Collected data

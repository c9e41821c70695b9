-- ===== src/Pipeline/Content/Summaries.antt =====
-- The form of the summaries of crates/pipeline/src/content.rs.
use contextd.Prelude.{
  ◌≤◌, ◌≡◌, inl, inr, refl, subst, false, some, [], ◌∷◌, arith, tests, leb, take, length, All,
  All-append, length-append, length-take, Bool-cases, Option-cases,
}
use contextd.Text.{Text, is_empty, is_whitespace, trim_end}
use contextd.Text.Spaces.{IsPlain, collapse-IsPlain, take-All, trim_end-All, length-trim_end}
use contextd.Json.{Json}
use contextd.Core.Event.{RawEvent}
use contextd.Pipeline.Content.{
  truncate, collapse_whitespace, finish, draft, summarize, max_summary_chars,
}

-- At least one and at most 160 characters, and no white space but plain spaces.
pub record IsLine (s : Text) : Type 0 where
  pub some_text : 1 ≤ length s
  pub short : length s ≤ 160
  pub plain : All IsPlain s

ellipsis-IsPlain : IsPlain 0x2026
unfolding is_whitespace
ellipsis-IsPlain = inl refl

pub truncate-IsLine :
    (t : Text) → is_empty t ≡ false → All IsPlain t → IsLine (truncate t max_summary_chars)
unfolding truncate
truncate-IsLine [] h p = cc
truncate-IsLine (c ∷ t) h p = elim (Bool-cases (leb (length (c ∷ t)) 160)) [
  | inl fits ↦ rw fits (record { some_text = omega arith; short = omega tests; plain = p })
  | inr long ↦
      let kept = take 159 (c ∷ t) in
      rw long (record {
        some_text = omega (arith, length-append (trim_end kept) (0x2026 ∷ []));
        short = omega (
          arith,
          length-append (trim_end kept) (0x2026 ∷ []),
          length-trim_end kept,
          length-take 159 (c ∷ t),
        );
        plain =
            All-append IsPlain (trim_end kept) (0x2026 ∷ [])
              (trim_end-All IsPlain kept (take-All IsPlain 159 (c ∷ t) p)) (ellipsis-IsPlain, tt);
      })
]

finish-IsLine : (t s : Text) → finish t ≡ some s → IsLine s
unfolding finish collapse_whitespace
finish-IsLine t s h = elim (Bool-cases (is_empty (collapse_whitespace t))) [
  | inl blank ↦ absurd (ground arith)
  | inr some_text ↦
      subst IsLine (line some_text)
        (truncate-IsLine (collapse_whitespace t) some_text (collapse-IsPlain t))
]
  where
    line :
        is_empty (collapse_whitespace t) ≡ false
        → truncate (collapse_whitespace t) max_summary_chars ≡ s
    line some_text = ground arith

module _ {V : Type 0} (json : Json V) where
  -- Whatever the payload holds, a summary is one line: 1 to 160 characters, with no line break and
  -- no white space but plain spaces.
  pub summarize-IsLine : (e : RawEvent V) (s : Text) → summarize json e ≡ some s → IsLine s
  unfolding summarize
  summarize-IsLine e s h = elim (Option-cases (draft json e)) [
    | inl absent ↦ absurd (ground arith)
    | inr (t, drafted) ↦ finish-IsLine t s (ground arith)
  ]
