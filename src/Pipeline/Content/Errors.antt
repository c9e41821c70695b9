-- ===== src/Pipeline/Content/Errors.antt =====
-- Marked lines, and what `extract_error` and `looks_like_failure` of
-- crates/pipeline/src/content.rs find.
use contextd.Prelude.{
  ◌≡◌, refl, Bool, true, false, not, ◌||◌, Option, none, some, List, [], ◌∷◌, arith, any, find?,
  find?-holds, map, Option-cases, inl, inr,
}
use contextd.Prelude.Int.{ℤ, is_zero}
use contextd.Text.{Text, str, is_empty, trim, contains, lines}
use contextd.Json.{Json, str_at, i64_at}
use contextd.Core.Event.{RawEvent}
use contextd.Pipeline.Content.{
  marked_line, first_marked, extract_error, error_markers, is_some, any_error, looks_like_failure,
}

-- Some line of the text, trimmed, contains the marker.
abbrev has_line : Text → Text → Bool
has_line text marker = any (λ line. contains line marker) (map trim (lines text))

abbrev has_marker : Text → Bool
has_marker text = any (has_line text) error_markers

find?-any : {A : Type 0} (p : A → Bool) (xs : List A) → is_some (find? p xs) ≡ any p xs
unfolding find? any
find?-any p [] = refl
find?-any p (x ∷ xs) = ground (arith, find?-any p xs)

not-in-nil : (marker : Text) → is_empty marker ≡ false → contains [] marker ≡ false
unfolding contains
not-in-nil [] h = cc
not-in-nil (c ∷ marker) h = refl

is_empty-nil : (t : Text) → is_empty t ≡ true → t ≡ []
is_empty-nil [] h = refl
is_empty-nil (c ∷ t) h = cc

marked_line-some :
    (text marker : Text)
    → is_empty marker ≡ false
    → is_some (marked_line text marker) ≡ has_line text marker
unfolding marked_line
marked_line-some text marker h =
    elim (Option-cases (find? (λ line. contains line marker) (map trim (lines text)))) [
      | inl nowhere ↦
          rw (nowhere, marked_line)
            (rw nowhere at (find?-any (λ line. contains line marker) (map trim (lines text))))
      | inr (line, found) ↦
          rw (found, marked_line)
            (ground (
              arith,
              find?-any (λ line. contains line marker) (map trim (lines text)),
              find?-holds (λ line. contains line marker) (map trim (lines text)) line,
              not-in-nil marker,
              is_empty-nil line,
            ))
    ]

first_marked-some :
    (text : Text) (markers : List Text)
    → any is_empty markers ≡ false
    → is_some (first_marked text markers) ≡ any (has_line text) markers
unfolding first_marked any
first_marked-some text [] h = refl
first_marked-some text (m ∷ ms) h =
    ground (arith, marked_line-some text m, first_marked-some text ms)

markers-present : any is_empty error_markers ≡ false
unfolding str any
markers-present = refl

-- An error line is found exactly if some trimmed line contains one of the markers.
pub extract_error-some : (text : Text) → is_some (extract_error text) ≡ has_marker text
unfolding extract_error
extract_error-some text = ground (arith, first_marked-some text error_markers markers-present)

module _ {V : Type 0} (json : Json V) where
  -- Some string among the fields has a marked line.
  abbrev reports_error : V → List Text → Bool
  reports_error payload [] = false
  reports_error payload (field ∷ fields) =
      (elim (str_at json payload field) [ none ↦ false | some text ↦ has_marker text ])
      || reports_error payload fields

  any_error-reports :
      (payload : V) (fields : List Text)
      → any_error json payload fields ≡ reports_error payload fields
  unfolding any_error any
  any_error-reports payload [] = refl
  any_error-reports payload (field ∷ fields) = elim (Option-cases (str_at json payload field)) [
    | inl absent ↦ rw (absent, ◌||◌) (any_error-reports payload fields)
    | inr (text, given) ↦
        rw (given, ◌||◌, extract_error-some text, any_error-reports payload fields)
  ]

  -- What an exit code, or the lack of one, says of a payload.
  abbrev pub is_failing : V → Option ℤ → Bool
  is_failing payload (some code) = not (is_zero code)
  is_failing payload none =
      reports_error payload (str "stderr" ∷ str "output" ∷ str "message" ∷ str "error" ∷ [])

  -- An exit code alone decides whether an event is a failure: it is one exactly if the code is not
  -- zero. Without an exit code, an event is a failure exactly if one of its four output fields has
  -- a trimmed line that contains a marker.
  pub looks_like_failure_lem :
      (e : RawEvent V)
      → looks_like_failure json e ≡ is_failing e.payload (i64_at json e.payload (str "exit_code"))
  unfolding looks_like_failure
  looks_like_failure_lem e = elim (Option-cases (i64_at json e.payload (str "exit_code"))) [
    | inl absent ↦ rw (absent, looks_like_failure) (any_error-reports e.payload _)
    | inr (code, given) ↦ rw (given, looks_like_failure)
  ]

*Exercise directions*. The answer must consist of each line from the data that includes the string "subst".

*Response area*.
  ◌≤◌, ◌≡◌, inl, inr, refl, subst, false, some, [], ◌∷◌, arith, tests, leb, take, length, All,
      subst IsLine (line some_text)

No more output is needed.